I spent a lot of personal time and energy worrying about my friend. I told her from early on to leave him, not to marry him, that’s she can do better and she’s a shell of her former self. Eventually, after another text simply saying “Guess what your latest fail has been? Go on take a guess.” (she forgot to turn the dishwasher on and he had nothing to eat his food on which apparently triggered his PTSD) she told me she wants to leave him. I supported her for the next 3 months. I did all sorts - looked around rentals on her behalf (he was NEVER gonna leave the house of his own accord and she didn’t want police involvement). Researched cheap items to but for a new kitchen. Researched women’s groups and charities that support single mums. Spent hours pouring over her rights and how to claim maintenance and the pitfalls she might encounter. Researching the cheapest forms of divorce. None of this she could do herself in case he checked her phone or caught her.

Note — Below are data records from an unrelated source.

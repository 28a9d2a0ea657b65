-- ===== src/Signals/Restore.antt =====
-- `sigreturn_s` undoes `handle_signal`.
use oscs25_labs.Base.{ℕ, ◌+◌, ◌-◌, ◌^◌, ◌≤◌, ◌<◌, ◌≡◌, ◌≢◌, ◌∙◌, refl, subst, some, arith}
use oscs25_labs.Pages.{page_free, page_size}
use oscs25_labs.Pages.Aligned.{IsPage, page_alloc-IsPage}
use oscs25_labs.Threads.Defs.{num_signals, get_stack_top, get_stack_bottom}
use oscs25_labs.Words.{memcpy}
use oscs25_labs.Words.Copy.{Outside, memcpy_inside, memcpy-Outside}
use oscs25_labs.Words.Access.{word_at, Agree}
use oscs25_labs.Signals.{
  Machine, signal_handler_stack_size, trap_frame_size, set_pages, handle_signal, sigreturn_s,
}
use oscs25_labs.Signals.Frames.{
  FrameApart, Saved, Saved-Agree, pending, registered, handler_page, handle_signal-Entered,
}

-- The frame at `trap_frame'` holds the bytes that `memory` had at `trap_frame`, and the rest of the
-- machine is as in `m`, but for the page, which is free.
pub record Restored (page sp trap_frame trap_frame' : ℕ) (memory : ℕ → ℕ) (m r : Machine)
    : Type 0 where
  pub pointer : r.sp_el0 ≡ sp
  pub frame : (i : ℕ) → i < trap_frame_size → r.memory (trap_frame' + i) ≡ memory (trap_frame + i)
  pub others : (a : ℕ) → Outside trap_frame' trap_frame_size a → r.memory a ≡ m.memory a
  pub freed : r.system ≡ set_pages (page_free page m.system.pages) m.system

sigreturn_s_page :
    (page trap_frame : ℕ) (m : Machine)
    → IsPage page
    → page ≤ m.sp_el0
    → m.sp_el0 < page + page_size
    → sigreturn_s trap_frame m ≡ record m {
      sp_el0 = word_at 8 (page + 0xff0) m.memory;
      memory = memcpy trap_frame (page + 0xee0) trap_frame_size m.memory;
      system = set_pages (page_free page m.system.pages) m.system;
    }
unfolding sigreturn_s
sigreturn_s_page page trap_frame m is_page lo hi =
    let top : get_stack_top m.sp_el0 signal_handler_stack_size ≡ page = omega (arith, is_page.0) in
    let bottom : get_stack_bottom page signal_handler_stack_size ≡ page + 0xff0 =
      omega (arith, is_page.1) in
    let saved : page + 0xff0 - 272 ≡ page + 0xee0 = omega arith in rw (top, bottom, saved) refl

sigreturn_s-Saved :
    (page sp trap_frame trap_frame' : ℕ) (memory : ℕ → ℕ) (m : Machine)
    → Saved page sp trap_frame memory m.memory
    → IsPage page
    → page ≤ m.sp_el0
    → m.sp_el0 < page + page_size
    → FrameApart page trap_frame'
    → Restored page sp trap_frame trap_frame' memory m (sigreturn_s trap_frame' m)
sigreturn_s-Saved page sp trap_frame trap_frame' memory m saved is_page lo hi apart =
    rw (sigreturn_s_page page trap_frame' m is_page lo hi) (record {
      pointer = saved.pointer;
      frame = λ i low.
          memcpy_inside trap_frame' (page + 0xee0) trap_frame_size m.memory i low (omega arith)
          ∙ saved.frame i low;
      others = λ a out. memcpy-Outside trap_frame' (page + 0xee0) trap_frame_size m.memory a out;
      freed = refl;
    })

-- A thread that is in a handler comes back: `m₂` is any state in which the handler, entered in `m₁`,
-- has left the saved bytes alone and has its stack pointer in its page. Then `sigreturn_s`, whose
-- frame may be another one, restores the stack pointer and the frame, and frees the page.
pub sigreturn_s-Restored :
    (exit trap_frame trap_frame' : ℕ) (m m₁ m₂ : Machine)
    → pending m.system < num_signals
    → registered m.system ≢ 0
    → registered m.system < 2 ^ 64
    → exit < 2 ^ 64
    → m.sp_el0 < 2 ^ 64
    → FrameApart (handler_page m.system) trap_frame
    → handle_signal exit trap_frame m ≡ some m₁
    → Agree (handler_page m.system + 0xee0) 0x118 m₂.memory m₁.memory
    → handler_page m.system ≤ m₂.sp_el0
    → m₂.sp_el0 < handler_page m.system + page_size
    → FrameApart (handler_page m.system) trap_frame'
    → Restored
        (handler_page m.system)
        m.sp_el0
        trap_frame
        trap_frame'
        m.memory
        m₂
        (sigreturn_s trap_frame' m₂)
sigreturn_s-Restored exit trap_frame trap_frame' m m₁ m₂ known is_registered handler_low exit_low
      sp_low apart enters same lo hi apart' =
    let page = handler_page m.system in
    let entered =
      handle_signal-Entered exit trap_frame m known is_registered handler_low exit_low sp_low
        apart in
    let there : entered.after ≡ m₁ = grind (arith, entered.result, enters) in
    let saved₁ =
      subst (λ (x : Machine). Saved page m.sp_el0 trap_frame m.memory x.memory) there
        entered.saved in
    let saved₂ = Saved-Agree page m.sp_el0 trap_frame m.memory m₁.memory m₂.memory saved₁ same in
    sigreturn_s-Saved page m.sp_el0 trap_frame trap_frame' m.memory m₂ saved₂
      (page_alloc-IsPage signal_handler_stack_size m.system.pages) lo hi apart'
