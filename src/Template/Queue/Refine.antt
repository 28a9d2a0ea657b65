-- ===== src/Template/Queue/Refine.antt =====
-- The queue against a list of nodes, oldest first.
use mathlib.Core.Path.{subst}
use mathlib.Core.List.{append-nil}
use oscs25_labs.Base.{
  Distinct-drop, same_ptr, ◌==◌, if◌then◌else◌, ne_of_mem, not-mem-append, not-mem-cons, sym, ℕ,
  suc, ◌+◌, ◌-◌, ◌%◌, ◌^◌, ◌<◌, ◌≡◌, refl, true, false, Option, none, some, List, [], ◌∷◌, ◌++◌,
  arith, ==_iff, length, length-append, first_or, last_or, mem, remove, mem-split, Distinct,
  append-Distinct, Distinct-append,
}
use oscs25_labs.Template.Links.{Ptr, Links}
use oscs25_labs.Template.Links.Seg.{Seg, SameAt, Seg-split, last_or-cons}
use oscs25_labs.Template.Links.Splice.{list_add-Seg, list_add_other, list_remove-Removed}
use oscs25_labs.Template.Queue.{Queue, queue_init, queue_push, queue_pop, queue_erase, queue_empty}

-- The queue holds the nodes `xs` in the store `s`.
pub record IsQueue (s : Links) (que : Queue) (xs : List ℕ) : Type 0 where
  pub chain : Seg s none xs none
  pub distinct : Distinct xs
  pub front : que.front ≡ first_or xs none
  pub back : que.back ≡ last_or none xs
  pub size : que.size ≡ length xs
  pub small : length xs < 2 ^ 32

abbrev pub Unlinked : ℕ → Links → Type 0
Unlinked a s = (s.prev a ≡ none) × (s.next a ≡ none)

-- No link outside `xs` differs.
abbrev pub SameOutside : List ℕ → Links → Links → Type 0
SameOutside xs s t = (a : ℕ) → mem a xs ≡ false → SameAt a s t

pub queue_init-IsQueue : (s : Links) → IsQueue s queue_init []
unfolding queue_init
queue_init-IsQueue s = record {
  chain = tt;
  distinct = tt;
  front = refl;
  back = refl;
  size = refl;
  small = omega arith;
}

last_or-append : (p : Ptr) (xs : List ℕ) (x : ℕ) → last_or p (xs ++ x ∷ []) ≡ some x
last_or-append p [] x = refl
last_or-append p (y ∷ ys) x = last_or-append (some y) ys x

append_one-Distinct :
    (xs : List ℕ) (new : ℕ) → Distinct xs → mem new xs ≡ false → Distinct (xs ++ new ∷ [])
append_one-Distinct xs new d out =
    append-Distinct xs (new ∷ []) d (refl, tt) (λ a m. ground (arith, ==_iff a new))

-- A node outside the queue goes to its end, if its links are clear and the count does not wrap.
pub queue_push-IsQueue :
    (s : Links) (que : Queue) (xs : List ℕ) (new : ℕ)
    → IsQueue s que xs
    → mem new xs ≡ false
    → Unlinked new s
    → suc (length xs) < 2 ^ 32
    → let (que', s') = queue_push que new s in
      IsQueue s' que' (xs ++ new ∷ []) × SameOutside (xs ++ new ∷ []) s s'
unfolding queue_push queue_empty
queue_push-IsQueue s que [] new q out clear room =
    let e : queue_empty que ≡ true = ground arith in
    rw e (
      record {
        chain = (clear.0, clear.1, tt);
        distinct = (refl, tt);
        front = refl;
        back = refl;
        size = ground arith;
        small = room;
      },
      λ a m. record { prev = refl; next = refl },
    )
queue_push-IsQueue s que (x ∷ xs) new q out clear room =
    let e : queue_empty que ≡ false = ground arith in
    rw (e, q.back)
      (
        record {
          chain =
              list_add-Seg new (x ∷ xs) [] s (rw append-nil q.distinct) (rw append-nil out)
                (rw append-nil q.chain);
          distinct = append_one-Distinct (x ∷ xs) new q.distinct out;
          front = q.front;
          back = sym (last_or-append none (x ∷ xs) new);
          size = omega (arith, q.size, length-append xs (new ∷ []));
          small = omega (arith, length-append xs (new ∷ []));
        },
        λ a m.
            let (old, new') = not-mem-append a (x ∷ xs) (new ∷ []) m in
            list_add_other new (x ∷ xs) [] s a (not-mem-cons a new [] new').0 old refl,
      )

back_of_pop :
    (que : Queue) (x : ℕ) (xs : List ℕ)
    → que.size ≡ suc (length xs)
    → suc (length xs) < 2 ^ 32
    → que.back ≡ last_or (some x) xs
    → (if (que.size + 2 ^ 32 - 1) % 2 ^ 32 == 0 then none else que.back) ≡ last_or none xs
back_of_pop que x [] size small back = ground arith
back_of_pop que x (y ∷ ys) size small back = ground arith

-- The first node leaves a queue that is not empty, with its links cleared.
pub queue_pop-IsQueue :
    (s : Links) (que : Queue) (x : ℕ) (xs : List ℕ)
    → IsQueue s que (x ∷ xs)
    → let (r, que', s') = queue_pop que s in
      (r ≡ some x) × IsQueue s' que' xs × Unlinked x s' × SameOutside (x ∷ xs) s s'
unfolding queue_pop queue_empty
queue_pop-IsQueue s que x xs q =
    let e : queue_empty que ≡ false = ground arith in
    let gone = list_remove-Removed x [] xs s q.distinct q.chain in
    rw (e, q.front)
      (
        refl,
        record {
          chain = gone.chain;
          distinct = q.distinct.1;
          front = gone.result;
          back = back_of_pop que x xs q.size q.small q.back;
          size = omega (arith, q.size, q.small);
          small = omega (arith, q.small);
        },
        gone.unlinked,
        λ a m. let (ne, out) = not-mem-cons a x xs m in gone.others a ne refl out,
      )

-- An empty queue yields `NULL`, and nothing changes.
pub queue_pop-empty :
    (s : Links) (que : Queue) → IsQueue s que [] → queue_pop que s ≡ (none, que, s)
unfolding queue_pop queue_empty
queue_pop-empty s que q = let e : queue_empty que ≡ true = ground arith in rw e

-- The queue that is left holds `left`; `x` is unlinked, and no link outside `xs` is written.
abbrev pub Erased : Links → ℕ → List ℕ → List ℕ → Option Queue × Links → Type 0
Erased s x xs left (none, s') = ⊥
Erased s x xs left (some que', s') = IsQueue s' que' left × Unlinked x s' × SameOutside xs s s'

erase_front :
    (s : Links) (que : Queue) (x : ℕ) (xs : List ℕ)
    → IsQueue s que (x ∷ xs)
    → Erased s x (x ∷ xs) xs (queue_erase (some que) (some x) s)
unfolding queue_erase
erase_front s que x xs q =
    let e : same_ptr (some x) que.front ≡ true = ground arith in
    let (_, queue, clear, same) = queue_pop-IsQueue s que x xs q in rw e (queue, clear, same)

last_or-append_cons :
    (p : Ptr) (xs : List ℕ) (z : ℕ) (zs : List ℕ) → last_or p (xs ++ z ∷ zs) ≡ last_or (some z) zs
last_or-append_cons p [] z zs = refl
last_or-append_cons p (y ∷ ys) z zs = last_or-append_cons (some y) ys z zs

-- The new `back` is the last node of what is left.
back_of_erase :
    (s : Links) (que : Queue) (x : ℕ) (ys zs : List ℕ)
    → IsQueue s que (ys ++ x ∷ zs)
    → (if same_ptr (some x) que.back then s.prev x else que.back) ≡ last_or none (ys ++ zs)
back_of_erase s que x ys [] q =
    rw (q.back, last_or-append none ys x, append-nil, (==_iff x x).1 refl)
      (Seg-split s none none ys (x ∷ []) q.chain).1.0
back_of_erase s que x ys (z ∷ zs) q =
    let (_, dxz, _) = Distinct-append ys (x ∷ z ∷ zs) q.distinct in
    let (w, e, m) = last_or-cons z zs in
    let other : (x == w) ≡ false = ground (arith, ==_iff x w, ne_of_mem w x (z ∷ zs) m dxz.0) in
    rw (q.back, last_or-append_cons none ys x (z ∷ zs), last_or-append_cons none ys z zs, e, other)

erase_later :
    (s : Links) (que : Queue) (y : ℕ) (ys : List ℕ) (x : ℕ) (zs : List ℕ)
    → IsQueue s que (y ∷ (ys ++ x ∷ zs))
    → Erased s x (y ∷ (ys ++ x ∷ zs)) (y ∷ (ys ++ zs)) (queue_erase (some que) (some x) s)
unfolding queue_erase
erase_later s que y ys x zs q =
    let gone = list_remove-Removed x (y ∷ ys) zs s q.distinct q.chain in
    let (_, _, apart) = Distinct-append (y ∷ ys) (x ∷ zs) q.distinct in
    let e : same_ptr (some x) que.front ≡ false = ground (arith, apart y, ==_iff x y) in
    rw e (
      record {
        chain = gone.chain;
        distinct = Distinct-drop (y ∷ ys) x zs q.distinct;
        front = q.front;
        back = back_of_erase s que x (y ∷ ys) zs q;
        size = omega (arith, q.size, q.small, length-append ys (x ∷ zs), length-append ys zs);
        small = omega (arith, q.small, length-append ys (x ∷ zs), length-append ys zs);
      },
      gone.unlinked,
      λ a m.
          let (out, out') = not-mem-append a (y ∷ ys) (x ∷ zs) m in
          let (ne, out'') = not-mem-cons a x zs out' in gone.others a ne out out'',
    )

erase_at :
    (s : Links) (que : Queue) (ys : List ℕ) (x : ℕ) (zs : List ℕ)
    → IsQueue s que (ys ++ x ∷ zs)
    → Erased s x (ys ++ x ∷ zs) (ys ++ zs) (queue_erase (some que) (some x) s)
erase_at s que [] x zs q = erase_front s que x zs q
erase_at s que (y ∷ ys) x zs q = erase_later s que y ys x zs q

-- A node of the queue, wherever it stands, is taken out, and the order of the others is kept.
pub queue_erase-IsQueue :
    (s : Links) (que : Queue) (xs : List ℕ) (x : ℕ)
    → IsQueue s que xs
    → mem x xs ≡ true
    → Erased s x xs (remove x xs) (queue_erase (some que) (some x) s)
queue_erase-IsQueue s que xs x q m =
    let (ys, zs, e, r) = mem-split x xs m in
    subst (λ l. Erased s x xs l (queue_erase (some que) (some x) s)) (sym r)
      (subst (λ l. Erased s x l (ys ++ zs) (queue_erase (some que) (some x) s)) (sym e)
        (erase_at s que ys x zs (subst (λ l. IsQueue s que l) e q)))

I did it to the detriment of spending time with my own kids and DH. My DH at this point was supportive but said i was too involved and it’s not my job, and pointed out my friend would post “we are such a happy family” type posts on social media and he assured me “she’s never gonna leave him you’re wasting your time”. We once fell out about it. But I persevered and was determined to get her out of there.

My uncle is a landlord and I asked him a favour to rent her a 2 bed property for a while at a cheap rate until she could find something more suitable. He agreed, letting down the person he promised it to. I was grateful and my friend was delighted she had a place to escape to.

A week before she was due to move in (she’d signed a tenancy agreement) she asked to meet me for lunch. She told me that I had been encouraging her to leave her husband for too long, pushing her into doing it and she didn’t like it and I was to stop. Because she loved him and wasn’t leaving. I asked her if her DH was making her say these things and she said “no”. I’m not sure if this is true. She said we can still be friends but I have to stop this “vendetta” against her DH.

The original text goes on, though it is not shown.